Saturday, January 29, 2011

Adieu, Lilisette

Warning: Spoilers of the WotG variety below!

Click here for part five of the spoof series.
Click here for part seven of the spoof series.















After botching an assassination attempt, rescuing Rage's girlfriend instead, and dragging an unconscious Rage and Portia into Xarcabard [S] in the aftermath, Lily and I were about to celebrate when we suddenly noticed a massacre outside Castle Zvahl Baileys [S]. By some luck, we managed to find some stragglers nearby, so we promptly disposed of their Demon oppressors.















Which of course woke the honeymooners right up. Now that we are all assembled again, you there -- whipped soldier of negligible importance, explain what happened to the San d'Orian front, posthaste!















So let me get this straight, an ominous cross appeared in the sky.















It turned out to be an invitation for cookies, from the Shadow Lord himself.















The San d'Orian army waltzed into an unforeseeable ambush...















... that resulted in utter annihilation. Is it just me, or do thoughts of the Shadow Lord decimating the entire San d'Orian front, past or present, seem utterly ludicrous?!















Oh look, yet another ominous symbol; I cannot believe our enemies would try the same gimmick twice! Now let us get organized, men. Have all survivors retreat several hundred yalms and -- wait, where did Rage scamper off to?

Rage? Portia? What do you mean they have bolted towards Castle Zvahl [S] again? Is there not anyone rational in this storyline? Sigh. I must hinder Rage and Portia before they repeat their predecessors' mistake -- those cookies belong to me and ME alone! Come, Lily; we have two naive fools to halt!















So after storming Castle Zvahl [S] once again, Lily and I reached the Throne Room [S] in one piece, but unfortunately for us, Rage and Portia were nowhere in sight. Since Lily could barely control her sugar cravings and since the doors behind us were bolted shut, we decided to search for cookies first and save our friends afterward.

Now let us batter this door open, Lily! Three, two, one...















... we did it! And behind giant door number one lies... the purple clowns that plague us to no end! Judging by their presence and the earlier invitation, they must intend to sue for peace via pastries!















Alright gentlemen, we accept your proposal. Now, where are those desserts you two promised? It was just a ruse to flay our hides, you say?















Now you guys have done it: Lily becomes a murderous madwoman when denied sugary treats...















... and now only thoughts of bloodlust emanate from her eyes! I will not even lift so much as a finger for this fight. Thrash them good, Lily!

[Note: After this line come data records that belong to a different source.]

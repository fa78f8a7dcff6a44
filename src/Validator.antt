-- ===== src/Validator.antt =====
-- `ValidateSyllableState` of src/core/engine/PhonotacticsValidator.cpp: whether the typed states
-- make a Vietnamese syllable, or a prefix of one.
mod Consonants
mod Nucleus
mod Decomposition
mod Syllable
mod Initial
mod Soundness
mod Marks
unfoldable pub use Consonants.*
unfoldable pub use Nucleus.*
unfoldable pub use Decomposition.*
unfoldable pub use Syllable.*
unfoldable pub use Initial.*
unfoldable pub use Soundness.*
unfoldable pub use Marks.*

So after unleashing her primal fury upon Aquila and Haudrale, the two Spitewardens dropped to the floor, writhing in agony. Just as she was about to strike two deathblows, Haudrale muttered there were cookies around the corridor, calming Lily somewhat.

Alright you two tricksters, march outside to the Allied encampment, and turn yourselves in -- I will not be able to restrain Lily if either of you refuse.

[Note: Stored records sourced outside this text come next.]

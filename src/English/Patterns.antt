-- ===== src/English/Patterns.antt =====
-- Consonants that no Vietnamese word begins or ends with, and the prefixes of raw keystrokes that
-- block a tone or a modifier. `towlower` is a parameter.
use nexus_key.Base.{ℕ, Bool, true, false, not, ◌&&◌, ◌||◌, ◌==◌, List, [], ◌∷◌, Wstring, codes}
use nexus_key.Letters.{Ctype}

unfoldable pub is_hard_english_cluster : ℕ → ℕ → Bool
is_hard_english_cluster c0 c1 =
    c0 == b'c' && c1 == b'l'
    || c0 == b'c' && c1 == b'r'
    || c0 == b'b' && c1 == b'r'
    || c0 == b'b' && c1 == b'l'
    || c0 == b'd' && c1 == b'r'
    || c0 == b'f' && c1 == b'r'
    || c0 == b'f' && c1 == b'l'
    || c0 == b'g' && c1 == b'r'
    || c0 == b'g' && c1 == b'l'
    || c0 == b'p' && c1 == b'r'
    || c0 == b'p' && c1 == b'l'
    || c0 == b's' && c1 == b'm'
    || c0 == b's' && c1 == b'n'
    || c0 == b's' && c1 == b'p'
    || c0 == b's' && c1 == b'w'
    || c0 == b's' && c1 == b't'
    || c0 == b's' && c1 == b'c'
    || c0 == b's' && c1 == b'k'
    || c0 == b's' && c1 == b'l'
    || c0 == b'w' && c1 == b'h'
    || c0 == b'w' && c1 == b'r'
    || c0 == b'k' && c1 == b'n'
    || c0 == b'p' && c1 == b'n'
    || c0 == b'p' && c1 == b's'

unfoldable pub is_hard_english_start : Ctype → ℕ → ℕ → Bool
is_hard_english_start ct c0 c1 = is_hard_english_cluster (ct.towlower c0) (ct.towlower c1)

unfoldable pub is_hard_english_raw_start : Ctype → List ℕ → Bool
is_hard_english_raw_start ct [] = false
is_hard_english_raw_start ct (c0 ∷ []) = false
is_hard_english_raw_start ct (c0 ∷ c1 ∷ raw) = is_hard_english_start ct c0 c1

unfoldable pub is_hard_english_end_letter : ℕ → Bool
is_hard_english_end_letter c =
    c == b'x' || c == b'r' || c == b'z' || c == b'f' || c == b's' || c == b'j'

unfoldable pub is_hard_english_end : Ctype → ℕ → Bool
is_hard_english_end ct c = is_hard_english_end_letter (ct.towlower c)

unfoldable pub is_q_without_u : Ctype → ℕ → ℕ → Bool
is_q_without_u ct c0 c1 = ct.towlower c0 == b'q' && not (ct.towlower c1 == b'u')

unfoldable pub blocked_tone_prefixes : List Wstring
blocked_tone_prefixes = codes "pas" ∷ codes "gues" ∷ []

unfoldable pub blocked_modifier_prefixes : List Wstring
blocked_modifier_prefixes = codes "pow" ∷ codes "upw" ∷ []

-- The lower-cased keystrokes begin with the pattern.
unfoldable pub matches_prefix : Ctype → List ℕ → Wstring → Bool
matches_prefix ct raw [] = true
matches_prefix ct [] (p ∷ pattern_) = false
matches_prefix ct (c ∷ raw) (p ∷ pattern_) = ct.towlower c == p && matches_prefix ct raw pattern_

unfoldable pub matches_raw_prefix : Ctype → List ℕ → List Wstring → Bool
matches_raw_prefix ct raw [] = false
matches_raw_prefix ct raw (rule ∷ rules) =
    matches_prefix ct raw rule || matches_raw_prefix ct raw rules

unfoldable pub is_blocked_english_tone : Ctype → List ℕ → Bool
is_blocked_english_tone ct raw = matches_raw_prefix ct raw blocked_tone_prefixes

unfoldable pub is_blocked_english_modifier : Ctype → List ℕ → Bool
is_blocked_english_modifier ct raw = matches_raw_prefix ct raw blocked_modifier_prefixes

So after coercing Haudrale and Aquila to surrender, Lily and I dashed around the corner only to discover Rage and Portia collaborating with Lady Lilith.

Hey lovebirds! Are we interrupting anything?















Did Lady Lilith just summon Odin right before our eyes? How did she manage to summon a god, or better yet, why are Rage and Portia accepting cookies from him?

Rage! Portia! Those cookies are clearly tainted; do not accept treats from gruesome strangers!















Great, so much for my advice. Now Rage and Portia have been brainwashed into Lady Lilith's servitude.

Lily, we must vanquish friend and foe alike for the good for Vana'diel. Prepare to meet Altana, Rage!















But wait, what is this? Lady Lilith had a crush on me from the very beginning (see above picture), and she will enlist me into her forces if I betray Lilisette? Why thanks, SE; I appreciate the fan service and the convenient escape from certain death!















I am sorry, Lily; we cannot hold hands anymore. I will be befriending your sexy alter ego now given my current situation. That and she seems far more promising to sleep with!















But why the long face, Lily? I promise not to harm you personally. You only need to dodge Larzos' spiked club, backtrack your way through Castle Zvahl [S], and rally a new band of heroes to stop us. Surely, you can manage all that.















Or not... Larzos just struck a decisive blow on Lily. I suppose I would not have gotten very far, myself, in her situation. Well, goodbye Lilisette... try to grow up faster and seduce your sidekick sooner in your next lifetime!